# Some aviation history....



## WingsofFury (6 Jun 2020)

My apologies to the mods if I should have posted this elsewhere; please feel free to move if necessary.

I've never caught so much history in just one photo. 

Back in 2012 I was fortunate enough to attend a show at Vintage Wings of Canada's home base in Gatineau, PQ.  This photo captures the Donald “Bunny” McLarty Hawker Hurricane Mk IV, the W/C Stocky Edwards Curtiss P40-N Kittyhawk, and the Robert Hampton Gray Goodyear FG-1D Corsair flying in formation.  Not shown in the shot is the F/L William Harper Supermarine Spitfire XVI, which was trailing the formation.

As we commemorate D-Day today, I think this photo should serve to remind everyone who resides in this country we call Canada that we have a phenomenal aviation history that, if kept under wraps, will unfortunately be forgotten about like so many other facets of our military history.  

May those who fought never be forgotten.


----------



## NavyShooter (7 Jun 2020)

It's always amazing to see old warbirds soaring like this.  

I recall at Connaught a few years ago, there was a fly-past by a Spit, a Hurri, and the Lanc.  The entire line just stopped and looked up.  Amazing.

When I in Bisley a few years ago, the world's first A380 flew overhead...headed to Farnborough.  It was flying slow and dirty...flaps and gear down.  It was a neat experience to see something that big hanging in the air.

The allure of aircraft, and their ability to draw everyone's imagination to the sky is something that I think the Snowbirds were trying to capture with their recent cross-country flights.  

I think the CAF/RCAF would benefit considerably from having a more visible airborne presence over our nation.  The reason few Canadians know about our Navy is because we're seldom seen.  I think with the relatively limited number of aircraft Canada actually has in the air, there are likely many Canadians who have also never seen an RCAF aircraft.  My suggestion - someone in 1 CAD should make a check-off list of every Canadian town with more than, say, 3000 people, and should manage the cross-Canada overflight/ferry-flights so that at some point over the span of every - say, 3-5 years, every single town gets an overflight by an RCAF aircraft.

But...that's way off topic.

I can imagine the sound of those engines running overhead from your photo.  Awesome history.

Thanks.


----------



## exspy (7 Jun 2020)

WingsofFury said:
			
		

> Back in 2012 I was fortunate enough to attend a show at Vintage Wings of Canada's home base in Gatineau, PQ.  This photo captures the Donald “Bunny” McLarty Hawker Hurricane Mk IV, the W/C Stocky Edwards Curtiss P40-N Kittyhawk, and the Robert Hampton Gray Goodyear FG-1D Corsair flying in formation.

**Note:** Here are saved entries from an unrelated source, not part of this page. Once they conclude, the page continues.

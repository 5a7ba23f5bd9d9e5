-- ===== src/Tests/Requests.antt =====
-- A server with one service, its requests and their responses.
use go_im_system.Prelude.{
  ℕ, ◌+◌, ◌≤◌, ◌≡◌, refl, Bool, true, false, [], ◌∷◌, ◌++◌, Option, none, some, length, arith,
}
use go_im_system.Text.{Text, codes}
use go_im_system.Text.Split.{cut_last}
use go_im_system.Rpc.Codec.{protobuf_codec, Bytes, Header, Proto, empty_header}
use go_im_system.Rpc.Service.{
  Method, MethodType, Service, ServiceMap, register, find_service, found,
}
use go_im_system.Rpc.Server.{rejected, serve_codec}
use go_im_system.Rpc.Server.Loop.{
  Carried, Asked, write_all, taken, start, ill_formed, serve-written, replicate,
}
use go_im_system.Rpc.Handling.{handling_of, run, timer_fires}
use go_im_system.Rpc.Handling.Answer.{Over, finishing, answered_once}
use go_im_system.Rpc.Interceptors.{
  CallInfo, returned, panicked, HandlerFunc, chain, logger_interceptor, recovery_interceptor,
}
use go_im_system.Rpc.Interceptors.Recovery.{logging, recovering, interceptors}

-- Headers without an error, written as a number and a method's name.
abbrev header_bytes_of : Text → ℕ → Text → Option Bytes
header_bytes_of t n [] = some (n ∷ t)
header_bytes_of t n (c ∷ e) = none

abbrev header_from : Bytes → Option Header
header_from [] = none
header_from (n ∷ t) = some (record { service_method = t; seq = n; error = [] })

header-law :
    (t : Text) (n : ℕ) (e : Text) (d : Bytes)
    → header_bytes_of t n e ≡ some d
    → header_from d ≡ some (record { service_method = t; seq = n; error = e })
header-law t n [] [] made = ground arith
header-law t n [] (m ∷ d) made = ground arith
header-law t n (c ∷ e) d made = ground arith

abbrev pub body_from : Bytes → Option ℕ
body_from (n ∷ []) = some n
body_from _ = none

pub body-law : (n : ℕ) (d : Bytes) → some (n ∷ []) ≡ some d → body_from d ≡ some n
body-law n [] made = ground arith
body-law n (m ∷ []) made = ground arith
body-law n (m ∷ (k ∷ d)) made = ground arith

abbrev named : Proto
named = record {
  Body = ℕ;
  marshal_header = λ h. header_bytes_of h.service_method h.seq h.error;
  unmarshal_header = header_from;
  marshal_body = λ n. some (n ∷ []);
  unmarshal_body = body_from;
  header-law = λ h d. header-law h.service_method h.seq h.error d;
  body-law = body-law;
}

abbrev upper : Text → Bool
upper [] = false
upper (c ∷ t) = true

abbrev pub online_type : MethodType
online_type = record {
  method = codes "Online";
  arg_type = record { name = codes "OnlineReq"; pkg_path = codes "pb" };
  reply_type = record { name = codes "OnlineResp"; pkg_path = codes "pb" };
  num_calls = 0;
}

abbrev online_method : Method
online_method = record {
  name = codes "Online";
  ins =
      record { name = codes "LogicService"; pkg_path = codes "service" }
      ∷ (online_type.arg_type ∷ (online_type.reply_type ∷ []));
  outs = record { name = codes "error"; pkg_path = [] } ∷ [];
}

abbrev logic : Service
logic = record { name = codes "Logic"; method = (codes "Online", online_type) ∷ [] }

abbrev pub services : ServiceMap
services = (codes "Logic", logic) ∷ []

register_test : register logic [] ≡ (none, services)
unfolding register
register_test = refl

pub find_online : find_service (codes "Logic.Online") services ≡ found online_type
unfolding find_service cut_last
find_online = refl

abbrev asked : ℕ → Asked named (λ t. true) services
asked n = record {
  header = record { service_method = codes "Logic.Online"; seq = n; error = [] };
  body = 7;
  header_bytes = n ∷ codes "Logic.Online";
  body_bytes = 7 ∷ [];
  type = online_type;
}

asked-Carried : (n : ℕ) → Carried named (λ t. true) services (asked n)
asked-Carried n = record {
  header_made = refl;
  body_made = refl;
  header_small = omega arith;
  body_small = omega arith;
  offered = find_online;
  taken_in = refl;
}

serve-written_example :
    serve_codec
      (protobuf_codec named)
      (λ t. true)
      services
      (length (asked 1 ∷ (asked 2 ∷ [])) + 1)
      (write_all named (λ t. true) services (asked 1 ∷ (asked 2 ∷ [])) start).sent
    ≡ (
      taken named (λ t. true) services (asked 1 ∷ (asked 2 ∷ []))
          ++ replicate named (λ t. true) services 1 (rejected empty_header ill_formed),
      false,
    )
serve-written_example =
    serve-written named (λ t. true) services (asked 1 ∷ (asked 2 ∷ [])) 1
      (asked-Carried 1, (asked-Carried 2, tt))

answered_once_example :
    (length (run 10 (codes "10s") (timer_fires ∷ []) (handling_of [])).responses ≤ 1)
    × Over []
        (codes "10s")
        (run 10 (codes "10s") ((timer_fires ∷ []) ++ finishing none) (handling_of []))
answered_once_example = answered_once 10 (codes "10s") [] (timer_fires ∷ []) none

abbrev online_info : CallInfo
online_info = record { service_method = codes "Logic.Online"; header = (asked 1).header }

abbrev panics : HandlerFunc
panics i = (panicked (codes "nil map"), [])

panic_answered :
    (chain (interceptors (logging ∷ (recovering ∷ []))) panics online_info).0
    ≡ returned (some (codes "internal panic: nil map"))
unfolding chain logger_interceptor recovery_interceptor
panic_answered = refl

A comment and two questions. First, great photograph. Is there any chance of one with greater resolution? It would make a great wallpaper.

Second, is that the same Corsair the Hamilton Warbirds sold a decode or so ago? Or is it another aircraft all together? I recall hearing that the Hamilton one was sold to an American museum who were going to repaint it in US Navy colours. If it's a new one, kudos to Wings of Canada for restoring a Corsair in Gray's colours.

Cheers,
Dan.


----------



## WingsofFury (7 Jun 2020)

Dan M said:
			
		

> A comment and two questions. First, great photograph. Is there any chance of one with greater resolution? It would make a great wallpaper.
> 
> Second, is that the same Corsair the Hamilton Warbirds sold a decode or so ago? Or is it another aircraft all together? I recall hearing that the Hamilton one was sold to an American museum who were going to repaint it in US Navy colours. If it's a new one, kudos to Wings of Canada for restoring a Corsair in Gray's colours.
> 
> ...



Hi Dan,

I'm glad you like the photo. At this time I won't be making a high res version available, sorry.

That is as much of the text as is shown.